Question

The center of mass of a thin rectangular plate (fig - x) with sides of length \( a \) and \( b \), whose mass per unit area (\( \sigma \)) varies as \( \sigma = \sigma_0 \frac{x}{ab} \) (where \( \sigma_0 \) is a constant), would be

• A. \( \left(\frac{2}{3} a, \frac{b}{2} \right) \)
• B. \( \left(\frac{1}{3} a, \frac{1}{2} b\right) \)
• C. \( \left(\frac{1}{2} a, \frac{1}{2} b\right) \)
• D. \( \left(\frac{2}{3} a, \frac{1}{2} b\right) \)

Hint:

In problems involving variable density, set up the integral for each coordinate weighted by the density and normalized by the total mass.

Answer 1

The Correct Option is A

Let the rectangular plate be defined by $ 0 \le x \le a $ and $ 0 \le y \le b $. 

The mass per unit area is given as:

$$ \sigma = \frac{\sigma_0 x}{ab} $$

To find the center of mass $ (x_{cm}, y_{cm}) $, we first calculate the total mass $ M $, then use the formulas:

$$ x_{cm} = \frac{1}{M} \iint x \sigma \,dA, \quad y_{cm} = \frac{1}{M} \iint y \sigma \,dA $$

Step 1: Total Mass $ M $

$$ M = \iint \sigma \,dA = \int_0^a \int_0^b \frac{\sigma_0 x}{ab} \,dy\,dx = \frac{\sigma_0}{ab} \int_0^a x \left( \int_0^b dy \right) dx $$
$$= \frac{\sigma_0}{ab} \int_0^a x \cdot b \,dx = \frac{\sigma_0}{a} \int_0^a x \,dx = \frac{\sigma_0}{a} \cdot \frac{a^2}{2} = \frac{\sigma_0 a}{2} $$

Step 2: $ x_{cm} $

$$ x_{cm} = \frac{1}{M} \int_0^a \int_0^b x \cdot \sigma \,dy\,dx = \frac{1}{\frac{\sigma_0 a}{2}} \int_0^a \int_0^b x \cdot \frac{\sigma_0 x}{ab} \,dy\,dx = \frac{2}{\sigma_0 a} \cdot \frac{\sigma_0}{ab} \int_0^a x^2 \cdot b \,dx $$ $$ = \frac{2}{a^2} \int_0^a x^2 \,dx = \frac{2}{a^2} \cdot \frac{a^3}{3} = \frac{2a}{3} $$

Step 3: $ y_{cm} $

$$ y_{cm} = \frac{1}{M} \int_0^a \int_0^b y \cdot \sigma \,dy\,dx = \frac{1}{\frac{\sigma_0 a}{2}} \int_0^a \int_0^b y \cdot \frac{\sigma_0 x}{ab} \,dy\,dx $$
$$= \frac{2}{\sigma_0 a} \cdot \frac{\sigma_0}{ab} \int_0^a x \left( \int_0^b y \,dy \right) dx $$ $$ = \frac{2}{a^2 b} \int_0^a x \cdot \frac{b^2}{2} \,dx = \frac{b}{a^2} \int_0^a x \,dx = \frac{b}{a^2} \cdot \frac{a^2}{2} = \frac{b}{2} $$

Final Answer:

The coordinates of the center of mass are: $ \left(\frac{2}{3}a, \frac{b}{2}\right) $

Answer 2

Step 1: Understand the problem.
We are given a thin rectangular plate of sides \( a \) and \( b \), placed in the \( xy \)-plane with one corner at the origin \( O(0,0) \).
The mass per unit area (surface density) varies along the x-axis according to:
\[ \sigma = \sigma_0 \frac{x}{ab} \] where \( \sigma_0 \) is a constant.

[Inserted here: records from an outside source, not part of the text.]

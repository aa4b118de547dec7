-- ===== src/Dram/Ddr4/Rules.antt =====
-- src/general/ddr4.cpp, `DDR4::init_timing_table`: one rule for each call of `at`, in its order.
-- A difference of two delays that would be negative wraps around where it is added to a clock.
use vans.Base.{ℕ, ◌+◌, true, false, List, [], ◌∷◌, ◌++◌, if◌then◌else◌, ◌&&◌}
use vans.Base.Bits.{sub64}
use vans.Dram.Ddr4.{
  Level, channel, rank, bank_group, bank, Command, TimingEntry, Timing, Ddr4, ◌is◌, ◌is_level◌,
}

pub record Rule : Type 0 where
  pub level : Level
  pub prev : Command
  pub entry : TimingEntry

-- The calls `at(level, prev, {cmd, delay})`, `at(level, prev, {cmd, delay, true})` and
-- `at(level, prev, {cmd, delay, false, 4})`.
abbrev pub following : Level → Command → Command → ℕ → Rule
following level prev cmd delay = record {
  level = level;
  prev = prev;
  entry = record { cmd = cmd; delay = delay; has_sibling = false; dist = 1 };
}

abbrev pub following_sibling : Level → Command → Command → ℕ → Rule
following_sibling level prev cmd delay = record {
  level = level;
  prev = prev;
  entry = record { cmd = cmd; delay = delay; has_sibling = true; dist = 1 };
}

abbrev pub following_fourth : Level → Command → Command → ℕ → Rule
following_fourth level prev cmd delay = record {
  level = level;
  prev = prev;
  entry = record { cmd = cmd; delay = delay; has_sibling = false; dist = 4 };
}

unfoldable pub channel_rules : Timing → List Rule
channel_rules t =
    (following channel Command.rd Command.rd t.n_bl)
    ∷ (following channel Command.rd Command.rda t.n_bl)
    ∷ (following channel Command.rda Command.rd t.n_bl)
    ∷ (following channel Command.rda Command.rda t.n_bl)
    ∷ (following channel Command.wr Command.wr t.n_bl)
    ∷ (following channel Command.wr Command.wra t.n_bl)
    ∷ (following channel Command.wra Command.wr t.n_bl)
    ∷ (following channel Command.wra Command.wra t.n_bl)
    ∷ []

unfoldable pub rank_rules : Timing → List Rule
rank_rules t =
    (following rank Command.rd Command.rd t.n_ccds)
    ∷ (following rank Command.rd Command.rda t.n_ccds)
    ∷ (following rank Command.rda Command.rd t.n_ccds)
    ∷ (following rank Command.rda Command.rda t.n_ccds)
    ∷ (following rank Command.wr Command.wr t.n_ccds)
    ∷ (following rank Command.wr Command.wra t.n_ccds)
    ∷ (following rank Command.wra Command.wr t.n_ccds)
    ∷ (following rank Command.wra Command.wra t.n_ccds)
    ∷ (following rank Command.rd Command.wr (sub64 (t.n_cl + t.n_bl + 2) t.n_cwl))
    ∷ (following rank Command.rd Command.wra (sub64 (t.n_cl + t.n_bl + 2) t.n_cwl))
    ∷ (following rank Command.rda Command.wr (sub64 (t.n_cl + t.n_bl + 2) t.n_cwl))
    ∷ (following rank Command.rda Command.wra (sub64 (t.n_cl + t.n_bl + 2) t.n_cwl))
    ∷ (following rank Command.wr Command.rd (t.n_cwl + t.n_bl + t.n_wtrs))
    ∷ (following rank Command.wr Command.rda (t.n_cwl + t.n_bl + t.n_wtrs))
    ∷ (following rank Command.wra Command.rd (t.n_cwl + t.n_bl + t.n_wtrs))
    ∷ (following rank Command.wra Command.rda (t.n_cwl + t.n_bl + t.n_wtrs))
    ∷ (following_sibling rank Command.rd Command.rd (t.n_bl + t.n_rtrs))
    ∷ (following_sibling rank Command.rd Command.rda (t.n_bl + t.n_rtrs))
    ∷ (following_sibling rank Command.rda Command.rd (t.n_bl + t.n_rtrs))
    ∷ (following_sibling rank Command.rda Command.rda (t.n_bl + t.n_rtrs))
    ∷ (following_sibling rank Command.rd Command.wr (t.n_bl + t.n_rtrs))
    ∷ (following_sibling rank Command.rd Command.wra (t.n_bl + t.n_rtrs))
    ∷ (following_sibling rank Command.rda Command.wr (t.n_bl + t.n_rtrs))
    ∷ (following_sibling rank Command.rda Command.wra (t.n_bl + t.n_rtrs))
    ∷ (following_sibling rank Command.rd Command.wr (sub64 (t.n_cl + t.n_bl + t.n_rtrs) t.n_cwl))
    ∷ (following_sibling rank Command.rd Command.wra (sub64 (t.n_cl + t.n_bl + t.n_rtrs) t.n_cwl))
    ∷ (following_sibling rank Command.rda Command.wr (sub64 (t.n_cl + t.n_bl + t.n_rtrs) t.n_cwl))
    ∷ (following_sibling rank Command.rda Command.wra (sub64 (t.n_cl + t.n_bl + t.n_rtrs) t.n_cwl))
    ∷ (following_sibling rank Command.wr Command.rd (sub64 (t.n_cwl + t.n_bl + t.n_rtrs) t.n_cl))
    ∷ (following_sibling rank Command.wr Command.rda (sub64 (t.n_cwl + t.n_bl + t.n_rtrs) t.n_cl))
    ∷ (following_sibling rank Command.wra Command.rd (sub64 (t.n_cwl + t.n_bl + t.n_rtrs) t.n_cl))
    ∷ (following_sibling rank Command.wra Command.rda (sub64 (t.n_cwl + t.n_bl + t.n_rtrs) t.n_cl))
    ∷ (following rank Command.rd Command.prea t.n_rtp)
    ∷ (following rank Command.wr Command.prea (t.n_cwl + t.n_bl + t.n_wr))
    ∷ (following rank Command.rd Command.pde (t.n_cl + t.n_bl + 1))
    ∷ (following rank Command.rda Command.pde (t.n_cl + t.n_bl + 1))
    ∷ (following rank Command.wr Command.pde (t.n_cwl + t.n_bl + t.n_wr))
    ∷ (following rank Command.wra Command.pde (t.n_cwl + t.n_bl + t.n_wr + 1))
    ∷ (following rank Command.pdx Command.rd t.n_xp)
    ∷ (following rank Command.pdx Command.rda t.n_xp)
    ∷ (following rank Command.pdx Command.wr t.n_xp)
    ∷ (following rank Command.pdx Command.wra t.n_xp)
    ∷ (following rank Command.act Command.act t.n_rrds)
    ∷ (following_fourth rank Command.act Command.act t.n_faw)
    ∷ (following rank Command.act Command.prea t.n_ras)
    ∷ (following rank Command.prea Command.act t.n_rp)
    ∷ (following rank Command.pre Command.ref t.n_rp)
    ∷ (following rank Command.prea Command.ref t.n_rp)
    ∷ (following rank Command.rda Command.ref (t.n_rtp + t.n_rp))
    ∷ (following rank Command.wra Command.ref (t.n_cwl + t.n_bl + t.n_wr + t.n_rp))
    ∷ (following rank Command.ref Command.act t.n_rfc)
    ∷ (following rank Command.act Command.pde 1)
    ∷ (following rank Command.pdx Command.act t.n_xp)
    ∷ (following rank Command.pdx Command.pre t.n_xp)
    ∷ (following rank Command.pdx Command.prea t.n_xp)
    ∷ (following rank Command.pre Command.sre t.n_rp)
    ∷ (following rank Command.prea Command.sre t.n_rp)
    ∷ (following rank Command.srx Command.act t.n_xs)
    ∷ (following rank Command.ref Command.ref t.n_rfc)
    ∷ (following rank Command.ref Command.pde 1)
    ∷ (following rank Command.pdx Command.ref t.n_xp)
    ∷ (following rank Command.srx Command.ref t.n_xs)
    ∷ (following rank Command.pde Command.pdx t.n_pd)
    ∷ (following rank Command.pdx Command.pde t.n_xp)
    ∷ (following rank Command.pdx Command.sre t.n_xp)
    ∷ (following rank Command.srx Command.pde t.n_xs)
    ∷ (following rank Command.sre Command.srx t.n_ckesr)
    ∷ (following rank Command.srx Command.sre t.n_xs)
    ∷ []

unfoldable pub bank_group_rules : Timing → List Rule
bank_group_rules t =
    (following bank_group Command.rd Command.rd t.n_ccdl)
    ∷ (following bank_group Command.rd Command.rda t.n_ccdl)
    ∷ (following bank_group Command.rda Command.rd t.n_ccdl)
    ∷ (following bank_group Command.rda Command.rda t.n_ccdl)
    ∷ (following bank_group Command.wr Command.wr t.n_ccdl)
    ∷ (following bank_group Command.wr Command.wra t.n_ccdl)
    ∷ (following bank_group Command.wra Command.wr t.n_ccdl)
    ∷ (following bank_group Command.wra Command.wra t.n_ccdl)
    ∷ (following bank_group Command.wr Command.rd (t.n_cwl + t.n_bl + t.n_wtrl))
    ∷ (following bank_group Command.wr Command.rda (t.n_cwl + t.n_bl + t.n_wtrl))
    ∷ (following bank_group Command.wra Command.rd (t.n_cwl + t.n_bl + t.n_wtrl))
    ∷ (following bank_group Command.wra Command.rda (t.n_cwl + t.n_bl + t.n_wtrl))
    ∷ (following bank_group Command.act Command.act t.n_rrdl)
    ∷ []

unfoldable pub bank_rules : Timing → List Rule
bank_rules t =
    (following bank Command.act Command.rd t.n_rcd)
    ∷ (following bank Command.act Command.rda t.n_rcd)
    ∷ (following bank Command.act Command.wr t.n_rcd)
    ∷ (following bank Command.act Command.wra t.n_rcd)
    ∷ (following bank Command.rd Command.pre t.n_rtp)
    ∷ (following bank Command.wr Command.pre (t.n_cwl + t.n_bl + t.n_wr))
    ∷ (following bank Command.rda Command.act (t.n_rtp + t.n_rp))
    ∷ (following bank Command.wra Command.act (t.n_cwl + t.n_bl + t.n_wr + t.n_rp))
    ∷ (following bank Command.act Command.act t.n_rc)
    ∷ (following bank Command.act Command.pre t.n_ras)
    ∷ (following bank Command.pre Command.act t.n_rp)
    ∷ []

unfoldable pub timing_rules : Timing → List Rule
unfolding channel_rules rank_rules bank_group_rules bank_rules
timing_rules t = channel_rules t ++ (rank_rules t ++ (bank_group_rules t ++ bank_rules t))

-- `timing_table[lev][prev]` after the pushes.
unfoldable pub at : List Rule → Level → Command → List TimingEntry
at [] level prev = []
at (r ∷ rules) level prev =
    let rest = at rules level prev in
    if r.level is_level level && r.prev is prev then r.entry ∷ rest else rest

-- The constructor of `DDR4`.
unfoldable pub ddr4 : Timing → (Level → ℕ) → Ddr4
unfolding at timing_rules
ddr4 t count = record {
  timing = t;
  timing_table = at (timing_rules t);
  read_latency = t.n_cl + t.n_bl;
  count = count;
}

We are asked to find the coordinates of the center of mass \( (x_{cm}, y_{cm}) \).

Step 2: Write expressions for mass element.
Consider a small element of area \( dA = dx \, dy \) at a point \( (x, y) \).
The mass of this element is: \[ dm = \sigma \, dA = \sigma_0 \frac{x}{ab} \, dx \, dy \] The total mass of the plate is: \[ M = \int_0^a \int_0^b \sigma_0 \frac{x}{ab} \, dy \, dx \] \[ M = \frac{\sigma_0}{ab} \int_0^a x \, dx \int_0^b dy = \frac{\sigma_0}{ab} \left( \frac{a^2}{2} \right) b = \frac{\sigma_0 a}{2} \]

Step 3: Find the x-coordinate of the center of mass.
The x-coordinate is given by: \[ x_{cm} = \frac{1}{M} \int x \, dm = \frac{1}{M} \int_0^a \int_0^b x \left( \sigma_0 \frac{x}{ab} \right) dy \, dx \] \[ x_{cm} = \frac{\sigma_0}{abM} \int_0^a x^2 \, dx \int_0^b dy = \frac{\sigma_0 b}{abM} \left( \frac{a^3}{3} \right) \] \[ x_{cm} = \frac{\sigma_0 a^2}{3M} \] Substitute \( M = \frac{\sigma_0 a}{2} \): \[ x_{cm} = \frac{\sigma_0 a^2}{3(\sigma_0 a/2)} = \frac{2a}{3} \]

Step 4: Find the y-coordinate of the center of mass.
Since the mass distribution varies only along the x-direction, the y-distribution is uniform. Hence, the y-coordinate of the center of mass is simply the midpoint of the height: \[ y_{cm} = \frac{b}{2} \]

Step 5: Final coordinates of center of mass.
\[ (x_{cm}, y_{cm}) = \left( \frac{2a}{3}, \frac{b}{2} \right) \]

Final Answer:
\[ \boxed{\left( \frac{2a}{3}, \frac{b}{2} \right)} \]